Stored entries
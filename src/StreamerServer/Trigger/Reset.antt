-- ===== src/StreamerServer/Trigger/Reset.antt =====
-- What a sweep over the status directory does.
use live_streamer.Common.{
  ◌≡◌, refl, ap, ◌∙◌, List, [], ◌∷◌, ◌++◌, take, Bool, true, false, ◌&&◌, ◌||◌, not, Option, some,
  ⊤, arith, Bool-cases, inl, inr,
}
use live_streamer.Text.{Text, codes, text_eq, text_eq_refl}
use live_streamer.Machine.{ok}
use live_streamer.Json.{Json, get_string}
use live_streamer.Files.{Files, write}
use live_streamer.StreamerServer.Json.{status_key, off}
use live_streamer.StreamerServer.Trigger.{Entry, switch_off, switch_off_all}

-- The path that the sweep makes of a name.
abbrev pub path_of : Text → Text
path_of d_name = take 63 (codes "status/" ++ d_name)

-- Whether a path belongs to a listed file.
unfoldable pub covers : List Entry → Text → Bool
covers [] q = false
covers (de ∷ rest) q = (not de.is_dir && text_eq (path_of de.d_name) q) || covers rest q

module _ {Obj : Type 0} ⦃j : Json Obj⦄ where
  -- A file that the sweep can rewrite: it holds an object, and can be opened for writing.
  pub record Rewritable (f : Files Obj) (q : Text) : Type 0 where
    pub object : Obj
    pub holds : f.at q ≡ some object
    pub is_object : j.is_object object ≡ true
    pub can_write : f.writable q ≡ true

  -- Every listed file is so.
  abbrev pub AllRewritable : Files Obj → List Entry → Type 0
  AllRewritable f [] = ⊤
  AllRewritable f (de ∷ rest) =
      (de.is_dir ≡ false → Rewritable f (path_of de.d_name)) × AllRewritable f rest

  -- The status that a path's file shows.
  abbrev pub status_at : Files Obj → Text → Option Text
  status_at f q = get_string (f.at q) status_key

  pub switch_off_lem :
      (f : Files Obj) (d : Text) (r : Rewritable f (path_of d))
      → switch_off d f ≡ (ok tt, write f (path_of d) (j.add r.object status_key off))
  unfolding switch_off
  switch_off_lem f d r = rw (r.holds, r.is_object, r.can_write)

  pub Rewritable-write :
      (f : Files Obj) (p q : Text) (o : Obj)
      → j.is_object o ≡ true
      → f.writable p ≡ true
      → Rewritable f q
      → Rewritable (write f p o) q
  Rewritable-write f p q o h w r = elim (Bool-cases (text_eq p q)) [
    | inl e ↦ record { object = o; holds = rw e; is_object = h; can_write = r.can_write }
    | inr e ↦ record {
      object = r.object;
      holds = rw e r.holds;
      is_object = r.is_object;
      can_write = r.can_write;
    }
  ]

  pub AllRewritable-write :
      (f : Files Obj) (p : Text) (o : Obj) (es : List Entry)
      → j.is_object o ≡ true
      → f.writable p ≡ true
      → AllRewritable f es
      → AllRewritable (write f p o) es
  AllRewritable-write f p o [] h w a = tt
  AllRewritable-write f p o (e ∷ es) h w a = (
    λ d. Rewritable-write f p (path_of e.d_name) o h w (a.0 d),
    AllRewritable-write f p o es h w a.1,
  )

  -- What is to be shown of the files after a sweep.
  pub record Swept (f f' : Files Obj) (es : List Entry) : Type 0 where
    pub switched : (q : Text) → covers es q ≡ true → status_at f' q ≡ some off
    pub untouched : (q : Text) → covers es q ≡ false → f'.at q ≡ f.at q

  status_at-write :
      (f : Files Obj) (p q : Text) (o : Obj)
      → j.is_object o ≡ true
      → text_eq p q ≡ true
      → status_at (write f p (j.add o status_key off)) q ≡ some off
  unfolding get_string
  status_at-write f p q o h e =
      rw (e, j.get_ex-add o status_key off status_key h, text_eq_refl status_key)

  Swept-step :
      (f : Files Obj) (o : Obj) (e : Entry) (es : List Entry) (f' : Files Obj)
      → e.is_dir ≡ false
      → j.is_object o ≡ true
      → Swept (write f (path_of e.d_name) (j.add o status_key off)) f' es
      → Swept f f' (e ∷ es)
  unfolding covers
  Swept-step f o e es f' file h sw = record {
    switched = λ q c. elim (Bool-cases (covers es q)) [
      | inl d ↦ sw.switched q d
      | inr d ↦
          ap (λ x. get_string x status_key) (sw.untouched q d)
          ∙ status_at-write f (path_of e.d_name) q o h (ground arith)
    ];
    untouched = λ q c.
        let apart : text_eq (path_of e.d_name) q ≡ false = ground arith in
        sw.untouched q (ground arith) ∙ (rw apart);
  }

  -- If every listed file holds an object and can be written, the sweep comes to its end: each of
  -- them has the status "off", and no other file has changed.
  pub switch_off_all_lem :
      (f : Files Obj) (es : List Entry)
      → AllRewritable f es
      → let (r, f') = switch_off_all es f in (r ≡ ok tt) × Swept f f' es
  unfolding switch_off_all
  switch_off_all_lem f [] a =
      (refl, record { switched = λ q h. unfold covers in cc; untouched = λ q h. refl })
  switch_off_all_lem f (e ∷ es) a = elim (Bool-cases e.is_dir) [
    | inl d ↦
        let (done, sw) = switch_off_all_lem f es a.1 in
        simp d (
          done,
          record {
            switched = λ q c. sw.switched q (unfold covers in ground arith);
            untouched = λ q c. sw.untouched q (unfold covers in ground arith);
          },
        )
    | inr d ↦
        let r = a.0 d in
        let f' = write f (path_of e.d_name) (j.add r.object status_key off) in
        let holds = j.add-is_object r.object status_key off r.is_object in
        let (done, sw) = switch_off_all_lem f' es (
          AllRewritable-write f (path_of e.d_name) (j.add r.object status_key off) es holds
            r.can_write a.1) in
        simp (d, switch_off_lem f e.d_name r)
          (done, Swept-step f r.object e es (switch_off_all es f').1 d r.is_object sw)
  ]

• The problem
Beginning at the line with "AllRewritable f (de" and stopping after the line with "(f : Files Obj) (d", please write out every line of the data above exactly and nothing else.

• Solution to this exercise
  AllRewritable f (de ∷ rest) =
      (de.is_dir ≡ false → Rewritable f (path_of de.d_name)) × AllRewritable f rest

  -- The status that a path's file shows.
  abbrev pub status_at : Files Obj → Text → Option Text
  status_at f q = get_string (f.at q) status_key

  pub switch_off_lem :
      (f : Files Obj) (d : Text) (r : Rewritable f (path_of d))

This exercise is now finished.